> HOW TO COMPLETE THIS TASK
Please copy out the lines in the entries that contain "Result".

> RECORDS SHOWN

-- ===== src/Links/Tests.antt =====
-- Tests of the short links, and their theorems at concrete inputs.
use spoo.Base.{
  str_eq, Result, ℕ, ◌≡◌, ◌≢◌, ◌↔◌, ℕ-cases, refl, true, false, none, some, List, [], ◌∷◌, inl, inr,
  arith, is_none, ok, err,
}
use spoo.Base.Collection.{Collection, Holds}
use spoo.Base.Memory.{by_id}
use spoo.Links.{
  SchemaVersion, UrlCacheData, UrlV2Doc, LegacyUrlDoc, AbVariant, v2, v1, active, blocked, expired,
  scheduled,
}
use spoo.Links.Status.{effective_status, effective_status_clause, effective_status_clause_iff}
use spoo.Links.Alias.{EmojiPolicy, v2_lookup_code}
use spoo.Links.Cached.{
  ResolveError, from_v2_doc, legacy_doc_to_cache, v1_is_expired, expired_redirect,
}
use spoo.Links.Resolve.{
  Deployment, Site, dispatch, resolve_public, resolve, look_up, dispatch_by, resolved, check_live,
  find_by_alias, try_v2_then_v1, cache_get,
}
use spoo.Links.Same.{answer_link, public_link, dispatch-resolve_public}
use spoo.Links.Served.{IsCoherent, resolve-IsLive}
use spoo.Links.Live.{IsLive}
use spoo.Links.Coherent.{IsKeyed}
use spoo.Links.Redirect.{
  Visit, Classifiers, redirect, redirect_url, serve, destination, verify_password, should_block_bot,
}
use spoo.Links.Visits.{Meets, IsDestination, redirect_url-IsDestination}
use spoo.Links.Legacy.{resolved-v1_is_expired}
use spoo.Links.Handler.{handle, handle-Expired}
use spoo.Links.Variants.{pick_variant, count_rolls, is_choice, pick_variant-weight_at}

abbrev pub db : Collection ℕ UrlV2Doc
db = by_id {D = UrlV2Doc}

abbrev pub plain_text : EmojiPolicy
plain_text = record { is_emoji_alias = λ c. false; canonicalize = λ c. c }

abbrev pub app : Deployment
app = record { db = db; policy = plain_text; system_domain = "spoo.me" }

abbrev pub link : UrlV2Doc
link = record {
  alias = "summer-drop";
  owner_id = 1;
  domain = "spoo.me";
  long_url = "https://example.com/a";
  password = none;
  block_bots = none;
  max_clicks = some 3;
  expire_after = some 5000;
  starts_at = none;
  pre_start_url = none;
  geo_rules = none;
  ab_variants = none;
  expired_redirect_url = some "https://example.com/over";
  status = active;
  tag_ids = [];
  private_stats = none;
  meta_tags = none;
  total_clicks = 2;
  last_click = none;
  updated_at = none;
  claim_token_hash = none;
  claimed_at = none;
}

abbrev old : LegacyUrlDoc
old = record {
  url = "https://example.com/old";
  password = none;
  blocked = false;
  max_clicks = some 2;
  total_clicks = 2;
  block_bots = none;
  expiration_time = none;
}

abbrev pub site : Site app
site = record {
  urls = ((7, link) ∷ [], (refl, tt));
  legacy = λ c. none;
  emojis = λ c. none;
  caching = false;
  redis_up = true;
  cache = λ d c. none;
}

-- After its date the link is flipped to EXPIRED, and its fallback is served.
expired_test :
    (resolve app "summer-drop" none 5000 site).0 ≡ err (expired_redirect "https://example.com/over")
unfolding resolve look_up dispatch dispatch_by resolved check_live find_by_alias try_v2_then_v1
    cache_get from_v2_doc
expired_test = refl

served_test : (resolve app "summer-drop" none 4999 site).0 ≡ ok (from_v2_doc 7 link, v2)
unfolding resolve look_up dispatch dispatch_by resolved check_live find_by_alias try_v2_then_v1
    cache_get from_v2_doc
served_test = refl

effective_status_clause_iff_example :
    (effective_status_clause expired 5000 link ≡ true) ↔ (effective_status link 5000 ≡ expired)
effective_status_clause_iff_example = effective_status_clause_iff expired 5000 link (λ p. cc)

dispatch-resolve_public_example :
    answer_link app (dispatch app (v2_lookup_code plain_text "summer-drop") "summer-drop" site)
    ≡ public_link app (resolve_public app "summer-drop" site)
dispatch-resolve_public_example = dispatch-resolve_public app "summer-drop" site

site-IsCoherent : IsCoherent app site
unfolding cache_get
site-IsCoherent domain code l h two = absurd (ground (arith, h))

site-unscheduled : (id : ℕ) (d : UrlV2Doc) → db.get site.urls id ≡ some d → d.status ≢ scheduled
site-unscheduled id d h = elim (ℕ-cases 7 id) [
  | inl same ↦ ground (arith, same, h)
  | inr other ↦ absurd (ground (arith, other, h))
]

resolve-IsLive_example :
    (id : ℕ) × (d : UrlV2Doc) × (db.get site.urls id ≡ some d)
    × (from_v2_doc 7 link ≡ from_v2_doc id d)
    × IsLive 4999 d
resolve-IsLive_example =
    resolve-IsLive app "summer-drop" none 4999 site (from_v2_doc 7 link) v2 site-IsCoherent
      site-unscheduled served_test refl

resolved-v1_is_expired_example :
    ((resolved app (some (legacy_doc_to_cache "abcdef" old "spoo.me" v1), v1) "abcdef" 9000 site).0
      ≡ ok (legacy_doc_to_cache "abcdef" old "spoo.me" v1, v1))
    ↔ (v1_is_expired old 9000 ≡ false)
resolved-v1_is_expired_example = resolved-v1_is_expired app "abcdef" old 9000 site refl (λ t h. cc)

abbrev taken_down : Site app
taken_down = record site { urls = ((7, record link { status = blocked }) ∷ [], (refl, tt)) }

handle-Expired_example :
    Holds db
      (λ e. (e.total_clicks ≡ 3) × (e.status ≡ expired))
      (handle app "summer-drop" (from_v2_doc 7 link) false 4000 taken_down).urls
      7
unfolding from_v2_doc
handle-Expired_example =
    handle-Expired app "summer-drop" (from_v2_doc 7 link) false 4000 3 taken_down
      (record link { status = blocked }) refl refl (omega arith) refl

abbrev halves : List AbVariant
halves = record { url = "https://a"; weight = 30 } ∷ record { url = "https://b"; weight = 50 } ∷ []

pick_variant-weight_at_example :
    (count_rolls (λ r. is_choice 1 (pick_variant halves r)) 100 ≡ 50)
    × (count_rolls (λ r. is_none (pick_variant halves r)) 100 ≡ 20)
pick_variant-weight_at_example = pick_variant-weight_at halves 1 (omega arith)

abbrev pub cached_site : Site app
cached_site = record site { caching = true }

pub cached_site-IsKeyed : IsKeyed app cached_site
unfolding cache_get
cached_site-IsKeyed domain code l h two = absurd (ground (arith, h))

abbrev visit : Visit
visit = record {
  method = "GET";
  user_agent = "Mozilla/5.0";
  bot_param = false;
  password = some "open";
  header_country = some "DE";
  roll = 7;
}

abbrev classifiers : Classifiers
classifiers = record {
  is_preview_agent = λ a. false;
  is_bot_request = λ a. false;
  verify_hash = λ p hash. str_eq p hash;
  country_of_ip = none;
  sink_forbids = false;
}

abbrev guarded : UrlCacheData
guarded =
    from_v2_doc 7
      (record link { password = some "open"; geo_rules = some (("DE", "https://example.de") ∷ []) })

geo_test : redirect_url classifiers visit (ok (guarded, v2)) ≡ redirect "https://example.de" false
unfolding redirect_url serve destination verify_password should_block_bot from_v2_doc
geo_test = refl

redirect_url-IsDestination_example :
    (l : UrlCacheData) × (schema : SchemaVersion) × (◌≡◌
      {A = Result ResolveError (UrlCacheData × SchemaVersion)}
      (ok (guarded, v2))
      (ok (l, schema)))
    × IsDestination "https://example.de" l
    × (verify_password classifiers.verify_hash l visit.password ≡ true)
    × Meets classifiers visit l schema (redirect "https://example.de" false)
    × (false ≡ true → "https://example.de" ≡ l.long_url)
redirect_url-IsDestination_example =
    redirect_url-IsDestination classifiers visit (ok (guarded, v2)) "https://example.de" false
      geo_test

> SOLVED PROBLEM
  str_eq, Result, ℕ, ◌≡◌, ◌≢◌, ◌↔◌, ℕ-cases, refl, true, false, none, some, List, [], ◌∷◌, inl, inr,
      {A = Result ResolveError (UrlCacheData × SchemaVersion)}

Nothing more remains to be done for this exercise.